=== Section Start ===

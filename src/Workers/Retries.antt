-- ===== src/Workers/Retries.antt =====
-- What becomes of a CRM job that is left to itself.
use property_platform_backen.Prelude.{
  ℕ, zero, suc, ◌+◌, ◌≡◌, refl, ap, ◌∙◌, Text, codes, decimal, Bool, true, false, not, ◌&&◌, none,
  some, [], ◌∷◌, ◌++◌, map, leb, ltb, ◌==◌, if◌then◌else◌, Bool-cases, inl, inr, arith,
}
use property_platform_backen.Errors.{other_error}
use property_platform_backen.Effects.{ok, err, Exec, continue}
use property_platform_backen.Database.{
  World, Enquiry, failed_job, call, fits, has_enquiry, update_synced,
}
use property_platform_backen.Enquiries.{mark_crm_synced}
use property_platform_backen.Crm.{push_enquiry_to_crm}
use property_platform_backen.Crm.Unknown.{map_rows-eq-map}
use property_platform_backen.Workers.{
  JobState, waiting, delayed, done, buried, max_attempts, backoff, turn, after_attempt,
  after_letter, send_to_dead_letter, sync_process,
}

-- The id that the CRM gives at a time.
abbrev pub record_id : ℕ → ℕ → Text
record_id id t = codes "crm_" ++ decimal id ++ codes "_" ++ decimal t

-- Time passes until a delay is over.
abbrev pub wake : {A : Type 0} → JobState A → World → World
wake (delayed made due) w = record w { now = due }
wake _ w = w

-- So many turns of the job, with nothing between them but the time that it waits.
unfoldable pub settle :
    {A : Type 0} → (ℕ → Exec World A) → Text → Text → ℕ → JobState A × World → JobState A × World
settle process queue job_id zero s = s
settle process queue job_id (suc n) (j, w) =
    settle process queue job_id n (turn process queue job_id j (wake j w))

-- A row with the id of the job has the CRM's id.
abbrev pub numbered : ℕ → ℕ → Enquiry → Enquiry
numbered id t e =
    if e.id == id
    then record e { crm_record_id = some (record_id id t); crm_synced_at = some t }
    else e

-- Redis and MySQL answer every call, and it is a given time.
abbrev pub calm_at : World → ℕ → World
calm_at w t = record w { now = t; faults = [] }

-- The enquiry is synced at a time, and the job is done.
abbrev pub synced_at : ℕ → World → ℕ → JobState Text × World
synced_at id w t = (
  done (record_id id t),
  record w {
    now = t;
    faults = [];
    tables = record w.tables { enquiries = map (numbered id t) w.enquiries };
  },
)

-- The job is in the dead-letter queue at a time.
abbrev pub buried_at : Text → World → ℕ → JobState Text × World
buried_at job_id w t = (
  buried,
  record w {
    now = t;
    faults = [];
    jobs = failed_job (codes "crm-sync") job_id (codes "Simulated CRM upstream timeout") t ∷ w.jobs;
  },
)

and_false : (b : Bool) → (b && false) ≡ false
and_false true = refl
and_false false = refl

leb_refl : (n : ℕ) → leb n n ≡ true
leb_refl n = ground arith

module _ (fails : ℕ → Bool) (id : ℕ) (w : World) where
  refused_by_crm :
      (made t : ℕ)
      → fails made ≡ true
      → sync_process fails id made (calm_at w t) ≡ (
        err (other_error none none (codes "Simulated CRM upstream timeout")),
        calm_at w (t + 150),
      )
  unfolding sync_process push_enquiry_to_crm
  refused_by_crm made t f = rw f refl

  accepted_by_crm :
      (made t : ℕ)
      → fails made ≡ false
      → fits 100 (some (record_id id (t + 150))) ≡ true
      → sync_process fails id made (calm_at w t)
        ≡ (ok (record_id id (t + 150)), (synced_at id w (t + 150)).1)
  unfolding sync_process push_enquiry_to_crm mark_crm_synced call update_synced continue
  accepted_by_crm made t f fit =
      rw (f, fit, and_false (has_enquiry id w.enquiries))
        (ap
          (λ es. (
            ok (record_id id (t + 150)),
            record w { now = t + 150; faults = []; tables = record w.tables { enquiries = es } },
          ))
          (map_rows-eq-map (numbered id (t + 150)) w.enquiries))

  module _ (job_id : Text) where
    -- The turns that are left to the job.
    left : ℕ → JobState Text × World → JobState Text × World
    left = settle (sync_process fails id) (codes "crm-sync") job_id

    left_done : (n t : ℕ) → left n (synced_at id w t) ≡ synced_at id w t
    unfolding left settle turn
    left_done zero t = refl
    left_done (suc n) t = left_done n t

    -- The attempt succeeds.
    attempt_synced :
        (n made t : ℕ)
        → fails made ≡ false
        → fits 100 (some (record_id id (t + 150))) ≡ true
        → left (suc n) (waiting made, calm_at w t) ≡ synced_at id w (t + 150)
    unfolding left settle turn after_attempt
    attempt_synced n made t f fit = rw (accepted_by_crm made t f fit) (left_done n (t + 150))

    -- The attempt fails and another is left: it is made when the delay is over.
    attempt_delayed :
        (n made t : ℕ)
        → fails made ≡ true
        → ltb (made + 1) max_attempts ≡ true
        → left (suc (suc n)) (waiting made, calm_at w t)
          ≡ left n (waiting (made + 1), calm_at w (t + 150 + backoff (made + 1)))
    unfolding left settle turn after_attempt
    attempt_delayed n made t f more =
        rw (refused_by_crm made t f, more, leb_refl (t + 150 + backoff (made + 1))) refl

    -- The last attempt fails.
    attempt_buried :
        (t : ℕ) → fails 2 ≡ true → left 2 (waiting 2, calm_at w t) ≡ buried_at job_id w (t + 150)
    unfolding left settle turn after_attempt after_letter send_to_dead_letter call
    attempt_buried t f = rw (refused_by_crm 2 t f) refl

-- The times at which the attempts of a job that starts at `t` are answered.
abbrev pub first_answer : ℕ → ℕ
first_answer t = t + 150

abbrev pub second_answer : ℕ → ℕ
second_answer t = t + 150 + 1000 + 150

abbrev pub third_answer : ℕ → ℕ
third_answer t = t + 150 + 1000 + 150 + 2000 + 150

-- While Redis and MySQL answer, the job of an enquiry, left to itself for six turns, writes the
-- CRM's id at its first attempt that succeeds: 150 ms, 1300 ms or 3450 ms after its start. If all
-- three attempts fail it is in the dead-letter queue after 3450 ms. The ids must fit their column.
pub sync_job_cases :
    (fails : ℕ → Bool) (id : ℕ) (w : World) (job_id : Text)
    → fits 100 (some (record_id id (first_answer w.now))) ≡ true
    → fits 100 (some (record_id id (second_answer w.now))) ≡ true
    → fits 100 (some (record_id id (third_answer w.now))) ≡ true
    → settle (sync_process fails id) (codes "crm-sync") job_id 6 (waiting 0, calm_at w w.now) ≡ (
        if not (fails 0)
        then synced_at id w (first_answer w.now)
        else (if not (fails 1)
            then synced_at id w (second_answer w.now)
            else (if not (fails 2)
                then synced_at id w (third_answer w.now)
                else buried_at job_id w (third_answer w.now))))
unfolding left backoff
sync_job_cases fails id w job_id fit_0 fit_1 fit_2 =
    let t₁ = w.now + 150 + 1000 in
    let t₂ = w.now + 150 + 1000 + 150 + 2000 in
    elim (Bool-cases (fails 0)) [
      | inr f0 ↦ rw f0 (attempt_synced fails id w job_id 5 0 w.now f0 fit_0)
      | inl f0 ↦ rw f0 (
          attempt_delayed fails id w job_id 4 0 w.now f0 refl ∙ elim (Bool-cases (fails 1)) [
            | inr f1 ↦ rw f1 (attempt_synced fails id w job_id 3 1 t₁ f1 fit_1)
            | inl f1 ↦ rw f1 (
                attempt_delayed fails id w job_id 2 1 t₁ f1 refl ∙ elim (Bool-cases (fails 2)) [
                  | inr f2 ↦ rw f2 (attempt_synced fails id w job_id 1 2 t₂ f2 fit_2)
                  | inl f2 ↦ rw f2 (attempt_buried fails id w job_id t₂ f2)
                ])
          ])
    ]
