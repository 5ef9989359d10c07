-- ===== src/Workers/Journey.antt =====
-- An enquiry from its creation to the end of its CRM job.
use property_platform_backen.Prelude.{
  ℕ, ◌+◌, ◌<◌, ◌≡◌, ◌∙◌, refl, ap, Text, codes, Bool, true, false, not, some, List, [], ◌∷◌, All,
  map, ◌==◌, ◌++◌, decimal, if◌then◌else◌, Bool-cases, inl, inr, arith,
}
use property_platform_backen.Hash.{Platform}
use property_platform_backen.Database.{
  World, Enquiry, Job, sync_enquiry, send_email, failed_job, fits, columns_fit, has_fingerprint,
  row_of,
}
use property_platform_backen.Database.Invariant.{IsSound}
use property_platform_backen.Transaction.Calm.{calm}
use property_platform_backen.Enquiries.{
  CreateEnquiryInput, CreateEnquiryContext, values, create_enquiry,
}
use property_platform_backen.Enquiries.Create.{is_missing, created}
use property_platform_backen.EnquiryApi.ReadBack.{accepted}
use property_platform_backen.Workers.{waiting, sync_process}
use property_platform_backen.Workers.Retries.{record_id, settle, numbered, calm_at, sync_job_cases}

numbered_same :
    (id t : ℕ) (es : List Enquiry) → All (λ e. e.id < id) es → map (numbered id t) es ≡ es
numbered_same id t [] h = refl
numbered_same id t (e ∷ es) h = elim (Bool-cases (e.id == id)) [
  | inl same ↦ absurd (ground arith)
  | inr other ↦ rw (other, numbered_same id t es h.1)
]

-- By the time at which the first of three attempts that succeeds is answered, where the first one
-- starts at `t`.
abbrev pub at_success {ℓ} : {A : Type ℓ} → (ℕ → Bool) → ℕ → (ℕ → A) → A → A
at_success fails t at_time spent =
    if not (fails 0)
    then at_time (t + 150)
    else (if not (fails 1)
        then at_time (t + 150 + 1000 + 150)
        else (if not (fails 2) then at_time (t + 150 + 1000 + 150 + 2000 + 150) else spent))

-- The CRM jobs of a queue, the newest first: their data and their ids.
unfoldable pub sync_jobs : List Job → List (ℕ × Text)
sync_jobs [] = []
sync_jobs (sync_enquiry id job_id ∷ js) = (id, job_id) ∷ sync_jobs js
sync_jobs (send_email to name id ∷ js) = sync_jobs js
sync_jobs (failed_job queue job_id reason at ∷ js) = sync_jobs js

-- The worker's run of the newest CRM job of a state, from its first attempt on.
unfoldable pub run_newest : (ℕ → Bool) → World → World
run_newest fails u = newest (sync_jobs u.jobs)
  where
    newest : List (ℕ × Text) → World
    newest [] = u
    newest ((id, job_id) ∷ js) =
        (settle (sync_process fails id) (codes "crm-sync") job_id 6 (waiting 0, calm_at u u.now)).1

module _ (platform : Platform) (input : CreateEnquiryInput) (ctx : CreateEnquiryContext)
    (w : World) where
  abbrev pub row : Enquiry
  row = row_of (values platform input ctx) w

  -- What the dead-letter queue is given when all attempts have failed.
  abbrev pub letter_after : Job
  letter_after =
      failed_job (codes "crm-sync") (codes "crm-sync-" ++ decimal row.id)
        (codes "Simulated CRM upstream timeout") (w.now + 150 + 1000 + 150 + 2000 + 150)

  module _ (found : is_missing platform input ctx w ≡ false)
      (fit : columns_fit (values platform input ctx) ≡ true)
      (free : has_fingerprint (values platform input ctx).fingerprint w.enquiries ≡ false)
      (sound : IsSound w) where
    synced_rows :
        (t : ℕ) → map (numbered row.id t) (row ∷ w.enquiries) ≡ numbered row.id t row ∷ w.enquiries
    synced_rows t =
        ap (λ es. numbered row.id t row ∷ es)
          (numbered_same row.id t w.enquiries sound.now_sound.fresh)

    -- The newest CRM job is the one that the creation has queued.
    newest_queued :
        (fails : ℕ → Bool)
        → run_newest fails (created platform input ctx w)
          ≡ (settle
              (sync_process fails row.id)
              (codes "crm-sync")
              (codes "crm-sync-" ++ decimal row.id)
              6
              (
                waiting 0,
                calm_at (created platform input ctx w) (created platform input ctx w).now,
              )).1
    unfolding run_newest sync_jobs
    newest_queued fails = refl

    -- A published property is named, the columns fit, the fingerprint is new, every call is
    -- answered and the ids fit their column. After the creation, the newest CRM job in the queues,
    -- run at once, gives the new row the CRM's id at its first successful attempt, after 150 ms,
    -- 1300 ms or 3450 ms. If all three fail, the row stays as it is, and a letter that names the
    -- job is added to the queues. The rows before it stay as they were.
    pub created_then_synced :
        (fails : ℕ → Bool)
        → fits 100 (some (record_id row.id (w.now + 150))) ≡ true
        → fits 100 (some (record_id row.id (w.now + 150 + 1000 + 150))) ≡ true
        → fits 100 (some (record_id row.id (w.now + 150 + 1000 + 150 + 2000 + 150))) ≡ true
        → let u = (create_enquiry platform input ctx (calm w)).1 in
          ((run_newest fails u).enquiries
            ≡ at_success fails w.now (λ t. numbered row.id t row) row ∷ w.enquiries)
          × ((run_newest fails u).jobs
              ≡ at_success fails w.now (λ t. u.jobs) (letter_after ∷ u.jobs))
    created_then_synced fails fit_0 fit_1 fit_2 =
        let job_id = codes "crm-sync-" ++ decimal row.id in
        let ran =
          newest_queued fails
          ∙ ap (λ r. r.1)
              (sync_job_cases fails row.id (created platform input ctx w) job_id fit_0 fit_1
                fit_2) in
        rw (accepted platform input ctx w found fit free, ran)
          (elim (Bool-cases (fails 0)) [
            | inr f0 ↦ rw f0 (synced_rows (w.now + 150), refl)
            | inl f0 ↦ elim (Bool-cases (fails 1)) [
              | inr f1 ↦ rw (f0, f1) (synced_rows (w.now + 150 + 1000 + 150), refl)
              | inl f1 ↦ elim (Bool-cases (fails 2)) [
                | inr f2 ↦
                    rw (f0, f1, f2) (synced_rows (w.now + 150 + 1000 + 150 + 2000 + 150), refl)
                | inl f2 ↦ rw (f0, f1, f2) (refl, refl)
              ]
            ]
          ])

=== Section End ===

**What the task asks:** From the top of the material above, please transcribe each line exactly. Include the line with "-- Time passes until a delay is over." and end there.

**Exercise result:**
filename src/Workers/Retries.antt
-- ===== src/Workers/Retries.antt =====
-- What becomes of a CRM job that is left to itself.
use property_platform_backen.Prelude.{
  ℕ, zero, suc, ◌+◌, ◌≡◌, refl, ap, ◌∙◌, Text, codes, decimal, Bool, true, false, not, ◌&&◌, none,
  some, [], ◌∷◌, ◌++◌, map, leb, ltb, ◌==◌, if◌then◌else◌, Bool-cases, inl, inr, arith,
}
use property_platform_backen.Errors.{other_error}
use property_platform_backen.Effects.{ok, err, Exec, continue}
use property_platform_backen.Database.{
  World, Enquiry, failed_job, call, fits, has_enquiry, update_synced,
}
use property_platform_backen.Enquiries.{mark_crm_synced}
use property_platform_backen.Crm.{push_enquiry_to_crm}
use property_platform_backen.Crm.Unknown.{map_rows-eq-map}
use property_platform_backen.Workers.{
  JobState, waiting, delayed, done, buried, max_attempts, backoff, turn, after_attempt,
  after_letter, send_to_dead_letter, sync_process,
}

-- The id that the CRM gives at a time.
abbrev pub record_id : ℕ → ℕ → Text
record_id id t = codes "crm_" ++ decimal id ++ codes "_" ++ decimal t

-- Time passes until a delay is over.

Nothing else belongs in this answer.